Economia in Nigeria al collasso

La Nigeria risulta essere il secondo paese al mondo dopo l’India per tasso di adozione delle criptovalute. Lo rivelano i dati di Chainanalysis. A titolo di confronto, l’Italia figura in 36-esima posizione. Il presidente Bola Tinubu, in carica da meno di un anno, sta cercando di raddrizzare l’economia dopo un decennio perduto sotto il predecessore Muhammadu Buhari. Tra le varie riforme varate, il taglio dei sussidi (tra cui per l’acquisto di carburante) al fine di tagliare la spesa pubblica, l’aumento delle entrate fiscali e la svalutazione del cambio per risollevare le riserve valutarie.

Binance chiude battenti in Nigeria

Il paese lotta anche con un’inflazione salita al 30% e che sta falcidiando i già bassi redditi delle famiglie. Le stablecoin sono state un modo come un altro per mettere al riparo i propri risparmi dalla perdita del potere di acquisto.
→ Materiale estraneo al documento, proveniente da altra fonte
-- ===== src/HttpCache/Host.antt =====
-- The loop of urlDirname over the host of a URL.
use poplar.Prelude.{
  ℕ, zero, suc, ◌+◌, ◌≤◌, ◌<◌, ◌≡◌, ◌⊎◌, inl, inr, refl, ap, sym, ◌∙◌, subst, true, false, List, [],
  ◌∷◌, ◌++◌, none, some, arith, length, take, drop, ◌==◌, Bool-cases,
}
use poplar.Prelude.Lists.{length-append}
use poplar.Run.{Run, ok, load, ◌>>=◌}
use poplar.Util.Compare.{AllChars}
use mathlib.Core.List.{append_assoc, append-nil}
use poplar.HttpCache.{Written, put_char, doubled, host_loop}
use poplar.HttpCache.Escape.{
  escape, host_of, encode_host, dot_pair, dotdot, Puts, load-drop, doubled_lem, host_dot,
}
use poplar.HttpCache.Step.{put_char-Puts}

-- What a run of the loop over the chars `cs` of the URL leaves: its buffer and its place, or a
-- refusal, because of two dots or for want of room.
abbrev pub Loops : ℕ → ℕ → ℕ → List ℕ → List ℕ → Written → Type 0
Loops n size j q host (out, none) =
    ((dotdot host ≡ true) ⊎ (n ≤ j + length (encode_host host))) × (length out ≡ size)
Loops n size j q host (out, some k) =
    (dotdot host ≡ false)
    × (k ≡ j + length (encode_host host))
    × (k < n)
    × (take k out ≡ q ++ encode_host host)
    × (length out ≡ size)

loop_end :
    (out : List ℕ) (n : ℕ) (url : List ℕ) (len i j : ℕ)
    → host_loop zero out n url len i j ≡ ok (out, some j)
unfolding host_loop
loop_end out n url len i j = refl

loop_stop :
    (k : ℕ) (out : List ℕ) (n : ℕ) (url : List ℕ) (len i j c : ℕ)
    → load url i ≡ ok c
    → (c == 47) ≡ true
    → host_loop (suc k) out n url len i j ≡ ok (out, some j)
unfolding host_loop
loop_stop k out n url len i j c h e = rw (host_loop, h, ◌>>=◌, e) refl

loop_dots :
    (k : ℕ) (out : List ℕ) (n : ℕ) (url : List ℕ) (len i j c : ℕ)
    → load url i ≡ ok c
    → (c == 47) ≡ false
    → doubled url len i c ≡ ok true
    → host_loop (suc k) out n url len i j ≡ ok (out, none)
unfolding host_loop
loop_dots k out n url len i j c h e d = rw (host_loop, h, ◌>>=◌, e, d) refl

-- What follows the call of put_char in the loop.
abbrev after_char : ℕ → ℕ → List ℕ → ℕ → ℕ → Written → Run Written
after_char k n url len i (out, none) = ok (out, none)
after_char k n url len i (out, some j) = host_loop k out n url len (suc i) j

loop_char :
    (k : ℕ) (out : List ℕ) (n : ℕ) (url : List ℕ) (len i j c : ℕ) (w : Written)
    → load url i ≡ ok c
    → (c == 47) ≡ false
    → doubled url len i c ≡ ok false
    → put_char out n j c ≡ ok w
    → host_loop (suc k) out n url len i j ≡ after_char k n url len i w
unfolding host_loop
loop_char k out n url len i j c (o, none) h e d p = rw (host_loop, h, ◌>>=◌, e, d, p) refl
loop_char k out n url len i j c (o, some j') h e d p =
    rw (host_loop, h, ◌>>=◌, e, d, p) (ap (λ (m : ℕ). host_loop k o n url len m j') (omega arith))

host_cons : (c : ℕ) (cs : List ℕ) → (c == 47) ≡ false → host_of (c ∷ cs) ≡ c ∷ host_of cs
host_cons c cs e = rw e refl

length-encode_cons :
    (c : ℕ) (host : List ℕ)
    → length (encode_host (c ∷ host)) ≡ length (escape c) + length (encode_host host)
length-encode_cons c host = length-append (escape c) (encode_host host)

-- A char before a run of the loop over the rest.
Loops-cons :
    (n size size' j k c : ℕ) (q host : List ℕ) (w : Written)
    → dot_pair c host ≡ false
    → size' ≡ size
    → k ≡ j + length (escape c)
    → Loops n size' k (q ++ escape c) host w
    → Loops n size j q (c ∷ host) w
Loops-cons n size size' j k c q host (out, none) d s e (inl p, l) = (inl (rw (d, p) refl), l ∙ s)
Loops-cons n size size' j k c q host (out, none) d s e (inr p, l) =
    (inr (omega (arith, length-encode_cons c host)), l ∙ s)
Loops-cons n size size' j k c q host (out, some m) d s e (p, at, in', t, l) = (
  rw (d, p) refl,
  omega (arith, length-encode_cons c host),
  in',
  t ∙ append_assoc q (escape c) (encode_host host),
  l ∙ s,
)

-- The loop over the chars `cs`, from any buffer that has room.
abbrev pub Runs : ℕ → ℕ → List ℕ → ℕ → ℕ → List ℕ → Type 0
Runs steps n url len i host =
    (out : List ℕ) (j : ℕ) (q : List ℕ)
    → j < n
    → n ≤ length out
    → take j out ≡ q
    → (w : Written) × (host_loop steps out n url len i j ≡ ok w) × Loops n (length out) j q host w

after_char-Loops :
    (c steps : ℕ) (host url : List ℕ) (n len i size j : ℕ) (q : List ℕ) (w : Written)
    → Runs steps n url len (suc i) host
    → n ≤ size
    → dot_pair c host ≡ false
    → Puts n size j q c w
    → (w' : Written) × (after_char steps n url len i w ≡ ok w') × Loops n size j q (c ∷ host) w'
after_char-Loops c steps host url n len i size j q (o, none) ih h2 d (p, l) =
    ((o, none), refl, (inr (omega (arith, p, length-encode_cons c host)), l))
after_char-Loops c steps host url n len i size j q (o, some k) ih h2 d (at, in', t, l) =
    let (w', runs, loops) = ih o k (q ++ escape c) in' (omega (arith, l, h2)) t in
    (w', runs, Loops-cons n size (length o) j k c q host w' d l at loops)

pub host_loop-Loops :
    (cs url : List ℕ) (n len i : ℕ)
    → drop i url ≡ cs
    → i + length cs ≡ len
    → AllChars cs
    → Runs (length cs) n url len i (host_of cs)
host_loop-Loops [] url n len i e h c out j q h1 h2 t = (
  (out, some j),
  loop_end out n url len i j,
  (refl, omega arith, h1, t ∙ sym (append-nil q), refl),
)
host_loop-Loops (c ∷ cs) url n len i e h (small, chars) out j q h1 h2 t =
    let (read, next) = load-drop url i c cs e in
    let pair = doubled_lem url len i c cs e h in
    elim (Bool-cases (c == 47)) [
      | inl y ↦ (
        (out, some j),
        loop_stop (length cs) out n url len i j c read y,
        rw y (refl, omega arith, h1, t ∙ sym (append-nil q), refl),
      )
      | inr y ↦
          let fit = λ (w : Written).
            subst (λ host. Loops n (length out) j q host w) (sym (host_cons c cs y)) in
          elim (Bool-cases (dot_pair c cs)) [
            | inl d ↦ (
              (out, none),
              loop_dots (length cs) out n url len i j c read y (pair ∙ ap ok d),
              fit (out, none) (inl (rw (host_dot c cs, d) refl), refl),
            )
            | inr d ↦
                let (w, put, puts) = put_char-Puts out n j c q small h1 h2 t in
                let (w', runs, loops) =
                  after_char-Loops c (length cs) (host_of cs) url n len i (length out) j q w
                    (host_loop-Loops cs url n len (suc i) next (omega (arith, h)) chars) h2
                    (host_dot c cs ∙ d) puts in
                (
                  w',
                  loop_char (length cs) out n url len i j c w read y (pair ∙ ap ok d) put ∙ runs,
                  fit w' loops,
                )
          ]
    ]
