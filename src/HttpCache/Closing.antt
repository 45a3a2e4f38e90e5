-- ===== src/HttpCache/Closing.antt =====
-- The end of urlDirname: the slash behind the host, and the NUL.
use poplar.Prelude.{
  ℕ, zero, suc, ◌+◌, ◌-◌, ◌≤◌, ◌<◌, ◌≡◌, ◌⊎◌, inl, inr, refl, ap, ◌∙◌, subst, Bool, true, false,
  List, [], ◌∷◌, ◌++◌, none, some, arith, length, set, take, ◌==◌, if◌then◌else◌, le→leb, lt→leb,
  get_or,
}
use poplar.Prelude.Lists.{length-append, length-set, get_or-set_self}
use poplar.Prelude.Int.{ℤ, pos, negsuc}
use poplar.Run.{ok}
use mathlib.Core.List.{append_assoc}
use poplar.HttpCache.{Written, close_dirname}
use poplar.HttpCache.Escape.{host_of, encode_host, dotdot, stored, grown}
use poplar.HttpCache.Step.{le_cases}
use poplar.HttpCache.Host.{Loops}

-- The root with a slash at its end.
abbrev pub slashed : List ℕ → List ℕ
slashed path = if get_or path (length path - 1) 0 == 47 then path else path ++ 47 ∷ []

-- The directory of a URL, of the chars behind "http://".
abbrev pub dirname : List ℕ → List ℕ → List ℕ
dirname path cs = slashed path ++ (encode_host (host_of cs) ++ 47 ∷ [])

-- The result is the length of the directory, which is in the buffer with a NUL behind it; or it is
-- -1, where the host has two dots in a row or the directory and the NUL do not fit.
abbrev pub Outcome : ℕ → ℕ → List ℕ → Bool → List ℕ × ℤ → Type 0
Outcome n size dir dots (out, r) =
    (length out ≡ size)
    × (((dots ≡ false)
          × (length dir < n)
          × (r ≡ pos (length dir))
          × (take (length dir) out ≡ dir)
          × (get_or out (length dir) 1 ≡ 0))
        ⊎ (((dots ≡ true) ⊎ (n ≤ length dir)) × (r ≡ negsuc 0)))

pub take-set_self : (xs : List ℕ) (n v : ℕ) → take n (set xs n v) ≡ take n xs
take-set_self [] zero v = refl
take-set_self [] (suc n) v = refl
take-set_self (x ∷ xs) zero v = refl
take-set_self (x ∷ xs) (suc n) v = ap (λ m. x ∷ m) (take-set_self xs n v)

pub length-dir :
    (q host : List ℕ)
    → length (q ++ (encode_host host ++ 47 ∷ [])) ≡ length q + length (encode_host host) + 1
length-dir q host = omega (
  arith,
  length-append q (encode_host host ++ 47 ∷ []),
  length-append (encode_host host) (47 ∷ []),
)

close_short :
    (n k : ℕ) (out : List ℕ)
    → k < length out
    → n ≤ k + 1
    → close_dirname n (out, some k) ≡ ok (set out k 47, negsuc 0)
unfolding close_dirname
close_short n k out h l = rw (close_dirname, stored out k 47 h, le→leb n (k + 1) l) refl

close_lem :
    (n k : ℕ) (out : List ℕ)
    → k + 1 < n
    → n ≤ length out
    → close_dirname n (out, some k) ≡ ok (set (set out k 47) (k + 1) 0, pos (k + 1))
unfolding close_dirname
close_lem n k out h l =
    rw
      (
        close_dirname,
        stored out k 47 (omega arith),
        lt→leb n (k + 1) h,
        stored (set out k 47) (k + 1) 0 (omega (arith, length-set out k 47)),
      )
      refl

pub close-Outcome :
    (n size j : ℕ) (q host : List ℕ) (w : Written)
    → j ≡ length q
    → n ≤ size
    → Loops n size j q host w
    → (r : List ℕ × ℤ) × (close_dirname n w ≡ ok r)
      × Outcome n size (q ++ (encode_host host ++ 47 ∷ [])) (dotdot host) r
unfolding close_dirname
close-Outcome n size j q host (out, none) e h (inl p, l) =
    ((out, negsuc 0), refl, (l, inr (inl p, refl)))
close-Outcome n size j q host (out, none) e h (inr p, l) =
    ((out, negsuc 0), refl, (l, inr (inr (omega (arith, length-dir q host)), refl)))
close-Outcome n size j q host (out, some k) e h (p, at, in', t, l) = elim (le_cases n (k + 1)) [
  | inl m ↦ (
    (set out k 47, negsuc 0),
    close_short n k out (omega arith) m,
    (length-set out k 47 ∙ l, inr (inr (omega (arith, length-dir q host)), refl)),
  )
  | inr m ↦
      let dir = q ++ (encode_host host ++ 47 ∷ []) in
      let o1 = set out k 47 in
      let o2 = set o1 (k + 1) 0 in
      let long : k + 1 ≡ length dir = omega (arith, length-dir q host) in
      let l1 : length o1 ≡ size = length-set out k 47 ∙ l in
      let chars : take (k + 1) o2 ≡ dir =
        take-set_self o1 (k + 1) 0
        ∙ grown out _ k (k + 1) 47 refl t (omega arith)
        ∙ append_assoc q (encode_host host) (47 ∷ []) in
      let nul : get_or o2 (k + 1) 1 ≡ 0 = get_or-set_self o1 (k + 1) 0 1 (omega (arith, l1)) in
      (
        (o2, pos (k + 1)),
        close_lem n k out m (omega arith),
        (
          length-set o1 (k + 1) 0 ∙ l1,
          inl (
            p,
            omega (arith, long),
            ap pos long,
            subst (λ (m : ℕ). take m o2 ≡ dir) long chars,
            subst (λ (m : ℕ). get_or o2 m 1 ≡ 0) long nul,
          ),
        ),
      )
]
Ma dopo i fatti di queste settimane, Binance ha annunciato nei giorni scorsi che sospende l’erogazione dei servizi legati alla naira.

In Nigeria, nei fatti, non opera più. Una battuta di arresto pesante per l’exchange, che punta ad espandersi sui mercati emergenti. Qui, le potenzialità di crescita sono enormi. Basti pensare al grande interesse riscosso presso i paesi alle prese con crisi valutaria e svalutazioni, tra cui Turchia, Etiopia, Egitto e Kenya.